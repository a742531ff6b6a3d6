-- ===== src/Client/Reader.antt =====
-- The reader of a transport and the wait for pings: `reader`, `readOnce`, `handle`, `waitServerPing`.
use centrifuge_go.Prelude.{ℕ, ◌-◌, true, List, [], ◌∷◌, Option, some, if◌then◌else◌, ltb}
use centrifuge_go.Codes.{connecting_no_ping}
use centrifuge_go.Calls.{Context}
use centrifuge_go.Effects.{spawn}
use centrifuge_go.State.{Client, Env, Disconnect, disconnect_task}
use centrifuge_go.Transport.{ReadOutcome, got, ended}
use centrifuge_go.World.{World, in_client}
use centrifuge_go.Client.Transitions.{or_transport_closed}
use centrifuge_go.Client.Dispatch.{Push, handle_unsolicited}
use centrifuge_go.Client.Replies.{Reply, Waits, handle_reply}

-- A frame of the server: `protocol.Reply` with its id and push.
pub record ServerReply : Type 0 where
  pub id : ℕ
  pub body : Reply
  pub push : Option Push

-- `handle`.
unfoldable pub handle : Env → Context → Waits → ℕ → ServerReply → World → World
handle env ctx waits t r w =
    if ltb 0 r.id
    then handle_reply env ctx waits t r.id r.body w
    else handle_unsolicited env ctx waits.meanwhile t r.push w

-- `go c.handleTransportDisconnect(t, disconnect)`; without a disconnect that is "transport closed".
unfoldable pub report_disconnect : ℕ → Option Disconnect → World → World
report_disconnect t d w = in_client (spawn (disconnect_task (some t) (or_transport_closed d))) w

-- `reader`, with `readOnce`, over what `Read` returns. `scene` says for each frame which contexts are
-- done by then, and what happens while it is handled.
unfoldable pub reader :
    Env → (ServerReply → Context × Waits) → ℕ → List (ReadOutcome ServerReply) → World → World
reader env scene t [] w = w
reader env scene t (got r ∷ rest) w =
    reader env scene t rest (handle env (scene r).0 (scene r).1 t r w)
reader env scene t (ended d ∷ rest) w = report_disconnect t d w

-- What `waitServerPing` waits for: a ping or push came, the timeout passed, or the reader stopped.
pub data PingWait : Type 0 where
  ping_came ping_missed reader_stopped : PingWait

abbrev no_ping : Disconnect
no_ping = record { code = connecting_no_ping; reason = "no ping"; reconnect = true }

-- `waitServerPing`.
unfoldable pub wait_server_ping : ℕ → List PingWait → Client → Client
wait_server_ping t [] c = c
wait_server_ping t (ping_came ∷ waits) c =
    wait_server_ping t waits (record c { delay_ping = c.delay_ping - 1 })
wait_server_ping t (ping_missed ∷ waits) c =
    wait_server_ping t waits (spawn (disconnect_task (some t) no_ping) c)
wait_server_ping t (reader_stopped ∷ waits) c = c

# [Exercise aim]
Send back every record, precisely as written.

# [Solution for this exercise]
repository a742531ff6b6a3d6
-- ===== src/Client/Reader.antt =====
-- The reader of a transport and the wait for pings: `reader`, `readOnce`, `handle`, `waitServerPing`.
use centrifuge_go.Prelude.{ℕ, ◌-◌, true, List, [], ◌∷◌, Option, some, if◌then◌else◌, ltb}
use centrifuge_go.Codes.{connecting_no_ping}
use centrifuge_go.Calls.{Context}
use centrifuge_go.Effects.{spawn}
use centrifuge_go.State.{Client, Env, Disconnect, disconnect_task}
use centrifuge_go.Transport.{ReadOutcome, got, ended}
use centrifuge_go.World.{World, in_client}
use centrifuge_go.Client.Transitions.{or_transport_closed}
use centrifuge_go.Client.Dispatch.{Push, handle_unsolicited}
use centrifuge_go.Client.Replies.{Reply, Waits, handle_reply}

-- A frame of the server: `protocol.Reply` with its id and push.
pub record ServerReply : Type 0 where
  pub id : ℕ
  pub body : Reply
  pub push : Option Push

-- `handle`.
unfoldable pub handle : Env → Context → Waits → ℕ → ServerReply → World → World
handle env ctx waits t r w =
    if ltb 0 r.id
    then handle_reply env ctx waits t r.id r.body w
    else handle_unsolicited env ctx waits.meanwhile t r.push w

-- `go c.handleTransportDisconnect(t, disconnect)`; without a disconnect that is "transport closed".
unfoldable pub report_disconnect : ℕ → Option Disconnect → World → World
report_disconnect t d w = in_client (spawn (disconnect_task (some t) (or_transport_closed d))) w

-- `reader`, with `readOnce`, over what `Read` returns. `scene` says for each frame which contexts are
-- done by then, and what happens while it is handled.
unfoldable pub reader :
    Env → (ServerReply → Context × Waits) → ℕ → List (ReadOutcome ServerReply) → World → World
reader env scene t [] w = w
reader env scene t (got r ∷ rest) w =
    reader env scene t rest (handle env (scene r).0 (scene r).1 t r w)
reader env scene t (ended d ∷ rest) w = report_disconnect t d w

-- What `waitServerPing` waits for: a ping or push came, the timeout passed, or the reader stopped.
pub data PingWait : Type 0 where
  ping_came ping_missed reader_stopped : PingWait

abbrev no_ping : Disconnect
no_ping = record { code = connecting_no_ping; reason = "no ping"; reconnect = true }

-- `waitServerPing`.
unfoldable pub wait_server_ping : ℕ → List PingWait → Client → Client
wait_server_ping t [] c = c
wait_server_ping t (ping_came ∷ waits) c =
    wait_server_ping t waits (record c { delay_ping = c.delay_ping - 1 })
wait_server_ping t (ping_missed ∷ waits) c =
    wait_server_ping t waits (spawn (disconnect_task (some t) no_ping) c)
wait_server_ping t (reader_stopped ∷ waits) c = c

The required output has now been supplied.